▶ Exercise brief: Repeat the lines of the data exactly, from the first one through the one that contains "infixl 5 ◌>>=◌".

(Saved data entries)

*** Begin section ***

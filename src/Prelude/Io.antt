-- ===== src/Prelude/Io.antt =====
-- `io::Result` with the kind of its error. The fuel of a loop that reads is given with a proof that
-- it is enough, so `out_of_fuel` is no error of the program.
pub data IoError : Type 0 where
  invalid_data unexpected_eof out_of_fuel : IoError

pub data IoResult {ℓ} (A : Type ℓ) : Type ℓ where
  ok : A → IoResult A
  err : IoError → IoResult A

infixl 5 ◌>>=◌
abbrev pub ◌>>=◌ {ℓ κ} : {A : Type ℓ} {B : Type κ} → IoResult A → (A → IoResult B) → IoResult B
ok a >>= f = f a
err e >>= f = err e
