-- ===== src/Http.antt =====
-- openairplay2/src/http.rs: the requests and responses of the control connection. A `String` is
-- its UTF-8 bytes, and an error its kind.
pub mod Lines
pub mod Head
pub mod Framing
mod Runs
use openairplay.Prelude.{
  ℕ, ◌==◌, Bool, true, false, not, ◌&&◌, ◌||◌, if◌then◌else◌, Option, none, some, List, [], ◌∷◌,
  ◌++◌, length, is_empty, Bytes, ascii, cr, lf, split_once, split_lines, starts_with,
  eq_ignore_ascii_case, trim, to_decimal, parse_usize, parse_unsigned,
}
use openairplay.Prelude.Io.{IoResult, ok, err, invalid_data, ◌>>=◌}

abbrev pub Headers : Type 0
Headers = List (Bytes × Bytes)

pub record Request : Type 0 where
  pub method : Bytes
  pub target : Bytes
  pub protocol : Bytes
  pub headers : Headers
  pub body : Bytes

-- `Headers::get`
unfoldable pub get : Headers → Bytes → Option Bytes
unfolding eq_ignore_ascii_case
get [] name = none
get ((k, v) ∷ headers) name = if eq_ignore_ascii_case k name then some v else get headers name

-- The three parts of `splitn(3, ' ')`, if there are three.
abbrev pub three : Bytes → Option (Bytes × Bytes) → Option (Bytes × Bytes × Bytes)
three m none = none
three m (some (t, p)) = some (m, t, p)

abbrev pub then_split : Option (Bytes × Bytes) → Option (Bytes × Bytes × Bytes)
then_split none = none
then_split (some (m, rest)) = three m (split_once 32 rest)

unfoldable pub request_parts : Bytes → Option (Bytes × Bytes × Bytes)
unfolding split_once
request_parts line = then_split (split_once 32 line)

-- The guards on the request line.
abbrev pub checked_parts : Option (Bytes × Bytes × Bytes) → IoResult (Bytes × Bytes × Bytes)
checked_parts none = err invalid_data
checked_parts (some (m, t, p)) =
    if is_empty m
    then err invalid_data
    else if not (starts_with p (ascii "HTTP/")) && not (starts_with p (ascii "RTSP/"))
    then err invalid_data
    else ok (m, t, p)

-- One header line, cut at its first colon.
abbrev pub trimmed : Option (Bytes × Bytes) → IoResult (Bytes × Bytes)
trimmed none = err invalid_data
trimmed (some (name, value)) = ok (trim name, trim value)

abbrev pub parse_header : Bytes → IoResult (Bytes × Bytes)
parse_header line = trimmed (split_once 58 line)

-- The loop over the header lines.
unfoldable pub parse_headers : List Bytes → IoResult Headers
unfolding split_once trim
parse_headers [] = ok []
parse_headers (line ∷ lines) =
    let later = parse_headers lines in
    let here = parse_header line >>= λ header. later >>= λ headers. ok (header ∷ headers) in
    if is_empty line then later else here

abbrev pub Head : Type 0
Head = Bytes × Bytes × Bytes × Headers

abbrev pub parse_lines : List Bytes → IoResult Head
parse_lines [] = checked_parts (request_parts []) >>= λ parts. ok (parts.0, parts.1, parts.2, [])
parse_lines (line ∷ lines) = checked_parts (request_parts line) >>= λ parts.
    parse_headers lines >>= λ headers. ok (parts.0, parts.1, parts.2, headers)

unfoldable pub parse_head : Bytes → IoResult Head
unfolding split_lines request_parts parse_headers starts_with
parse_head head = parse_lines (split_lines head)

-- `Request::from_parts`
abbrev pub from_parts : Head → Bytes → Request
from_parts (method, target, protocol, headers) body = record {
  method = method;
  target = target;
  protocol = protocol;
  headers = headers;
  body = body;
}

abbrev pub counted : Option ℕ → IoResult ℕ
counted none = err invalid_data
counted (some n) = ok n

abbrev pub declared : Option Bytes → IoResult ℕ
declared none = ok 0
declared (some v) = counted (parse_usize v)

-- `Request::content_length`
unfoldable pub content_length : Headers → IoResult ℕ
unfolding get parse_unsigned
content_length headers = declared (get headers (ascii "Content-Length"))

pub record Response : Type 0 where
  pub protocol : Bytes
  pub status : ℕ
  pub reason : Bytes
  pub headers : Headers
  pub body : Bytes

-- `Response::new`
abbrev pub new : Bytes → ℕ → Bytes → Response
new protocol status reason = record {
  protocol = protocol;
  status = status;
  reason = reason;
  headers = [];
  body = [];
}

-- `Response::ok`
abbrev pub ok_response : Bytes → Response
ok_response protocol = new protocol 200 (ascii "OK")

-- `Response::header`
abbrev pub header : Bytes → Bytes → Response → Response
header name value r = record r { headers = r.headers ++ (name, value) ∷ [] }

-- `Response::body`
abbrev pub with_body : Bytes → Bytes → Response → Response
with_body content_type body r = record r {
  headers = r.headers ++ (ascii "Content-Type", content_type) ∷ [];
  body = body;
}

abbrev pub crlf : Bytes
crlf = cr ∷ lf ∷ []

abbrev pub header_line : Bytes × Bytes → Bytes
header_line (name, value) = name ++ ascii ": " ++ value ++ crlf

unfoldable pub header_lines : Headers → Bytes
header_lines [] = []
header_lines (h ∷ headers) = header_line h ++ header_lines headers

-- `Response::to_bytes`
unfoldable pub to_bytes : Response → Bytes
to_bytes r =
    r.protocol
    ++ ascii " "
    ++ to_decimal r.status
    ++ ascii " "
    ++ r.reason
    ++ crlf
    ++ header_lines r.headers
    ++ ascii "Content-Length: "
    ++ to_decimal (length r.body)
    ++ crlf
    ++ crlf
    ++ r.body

*** End section ***

▶ Exercise result:
filename src/Prelude/Io.antt
-- ===== src/Prelude/Io.antt =====
-- `io::Result` with the kind of its error. The fuel of a loop that reads is given with a proof that
-- it is enough, so `out_of_fuel` is no error of the program.
pub data IoError : Type 0 where
  invalid_data unexpected_eof out_of_fuel : IoError

pub data IoResult {ℓ} (A : Type ℓ) : Type ℓ where
  ok : A → IoResult A
  err : IoError → IoResult A

infixl 5 ◌>>=◌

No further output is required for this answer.